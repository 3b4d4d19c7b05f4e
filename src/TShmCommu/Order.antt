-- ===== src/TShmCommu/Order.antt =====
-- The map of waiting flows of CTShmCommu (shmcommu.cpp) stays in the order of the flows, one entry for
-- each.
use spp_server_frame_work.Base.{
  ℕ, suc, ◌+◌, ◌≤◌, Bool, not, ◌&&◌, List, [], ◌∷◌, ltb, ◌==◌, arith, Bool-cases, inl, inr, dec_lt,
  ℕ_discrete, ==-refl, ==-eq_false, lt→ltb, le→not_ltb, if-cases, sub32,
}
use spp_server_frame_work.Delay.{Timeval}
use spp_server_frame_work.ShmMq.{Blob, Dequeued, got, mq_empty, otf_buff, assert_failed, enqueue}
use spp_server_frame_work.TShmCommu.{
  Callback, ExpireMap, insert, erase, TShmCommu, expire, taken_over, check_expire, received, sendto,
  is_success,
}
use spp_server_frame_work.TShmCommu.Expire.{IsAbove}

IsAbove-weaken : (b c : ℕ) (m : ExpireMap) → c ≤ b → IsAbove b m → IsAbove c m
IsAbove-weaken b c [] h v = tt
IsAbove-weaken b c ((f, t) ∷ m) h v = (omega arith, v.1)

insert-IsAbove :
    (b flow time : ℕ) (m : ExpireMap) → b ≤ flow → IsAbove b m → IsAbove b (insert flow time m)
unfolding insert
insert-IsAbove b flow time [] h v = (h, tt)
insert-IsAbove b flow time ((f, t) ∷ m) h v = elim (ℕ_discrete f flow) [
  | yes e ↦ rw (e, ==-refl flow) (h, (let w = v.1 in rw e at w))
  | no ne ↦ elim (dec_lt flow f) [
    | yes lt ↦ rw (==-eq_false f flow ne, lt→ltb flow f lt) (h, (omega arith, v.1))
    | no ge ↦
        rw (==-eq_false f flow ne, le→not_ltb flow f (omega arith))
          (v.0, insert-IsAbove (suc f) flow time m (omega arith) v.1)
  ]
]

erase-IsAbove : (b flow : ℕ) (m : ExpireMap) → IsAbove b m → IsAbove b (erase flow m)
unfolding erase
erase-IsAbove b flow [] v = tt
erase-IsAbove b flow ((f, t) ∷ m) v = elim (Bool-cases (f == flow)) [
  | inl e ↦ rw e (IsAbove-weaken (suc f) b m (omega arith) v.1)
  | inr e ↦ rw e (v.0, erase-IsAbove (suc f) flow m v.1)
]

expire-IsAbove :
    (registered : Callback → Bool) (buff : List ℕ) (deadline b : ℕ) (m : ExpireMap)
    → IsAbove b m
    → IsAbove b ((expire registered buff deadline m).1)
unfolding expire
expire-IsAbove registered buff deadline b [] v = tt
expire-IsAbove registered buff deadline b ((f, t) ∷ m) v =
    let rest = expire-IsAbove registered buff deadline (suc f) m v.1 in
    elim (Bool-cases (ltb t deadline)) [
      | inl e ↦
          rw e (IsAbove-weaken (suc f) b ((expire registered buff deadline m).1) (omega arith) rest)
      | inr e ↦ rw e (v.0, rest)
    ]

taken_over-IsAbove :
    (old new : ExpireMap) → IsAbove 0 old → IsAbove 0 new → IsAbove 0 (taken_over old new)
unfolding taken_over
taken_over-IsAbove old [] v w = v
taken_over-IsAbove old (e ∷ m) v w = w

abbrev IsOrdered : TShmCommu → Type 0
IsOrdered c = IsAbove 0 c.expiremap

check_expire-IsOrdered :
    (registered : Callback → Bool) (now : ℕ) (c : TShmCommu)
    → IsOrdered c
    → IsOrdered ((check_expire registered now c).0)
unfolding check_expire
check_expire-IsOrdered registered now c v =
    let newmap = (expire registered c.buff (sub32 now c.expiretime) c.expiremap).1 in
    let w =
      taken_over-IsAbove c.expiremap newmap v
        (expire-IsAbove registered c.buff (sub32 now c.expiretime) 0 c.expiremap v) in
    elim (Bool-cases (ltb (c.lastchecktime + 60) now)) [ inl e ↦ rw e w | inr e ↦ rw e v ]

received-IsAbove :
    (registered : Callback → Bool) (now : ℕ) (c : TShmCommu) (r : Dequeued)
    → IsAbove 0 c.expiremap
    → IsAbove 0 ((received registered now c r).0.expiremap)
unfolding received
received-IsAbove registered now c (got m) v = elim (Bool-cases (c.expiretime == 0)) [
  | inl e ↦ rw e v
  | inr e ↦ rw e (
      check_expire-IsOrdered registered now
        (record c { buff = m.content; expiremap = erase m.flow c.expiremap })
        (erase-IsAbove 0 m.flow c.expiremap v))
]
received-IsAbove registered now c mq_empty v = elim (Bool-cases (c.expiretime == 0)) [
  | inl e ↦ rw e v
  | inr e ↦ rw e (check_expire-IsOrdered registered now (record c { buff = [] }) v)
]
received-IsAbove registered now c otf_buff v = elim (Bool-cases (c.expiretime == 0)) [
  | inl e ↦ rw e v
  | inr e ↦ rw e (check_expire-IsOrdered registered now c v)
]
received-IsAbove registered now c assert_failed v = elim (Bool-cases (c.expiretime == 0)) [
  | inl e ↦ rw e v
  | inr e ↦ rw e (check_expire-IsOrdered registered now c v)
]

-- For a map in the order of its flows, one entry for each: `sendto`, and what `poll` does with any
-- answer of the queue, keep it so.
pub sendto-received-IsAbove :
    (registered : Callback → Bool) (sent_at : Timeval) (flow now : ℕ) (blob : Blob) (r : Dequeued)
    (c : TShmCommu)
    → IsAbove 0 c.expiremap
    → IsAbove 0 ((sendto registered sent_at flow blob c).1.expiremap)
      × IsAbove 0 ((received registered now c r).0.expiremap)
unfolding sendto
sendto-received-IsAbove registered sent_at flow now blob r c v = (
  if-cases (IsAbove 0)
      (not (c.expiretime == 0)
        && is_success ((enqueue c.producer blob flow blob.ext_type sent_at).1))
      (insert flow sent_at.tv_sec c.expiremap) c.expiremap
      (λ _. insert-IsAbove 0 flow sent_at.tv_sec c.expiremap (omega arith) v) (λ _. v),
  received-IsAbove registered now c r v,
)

—————

(TASK STATEMENT): When a line in the material contains the string "entry", copy that line.

(TASK OUTPUT):
-- The map of waiting flows of CTShmCommu (shmcommu.cpp) stays in the order of the flows, one entry for
-- For a map in the order of its flows, one entry for each: `sendto`, and what `poll` does with any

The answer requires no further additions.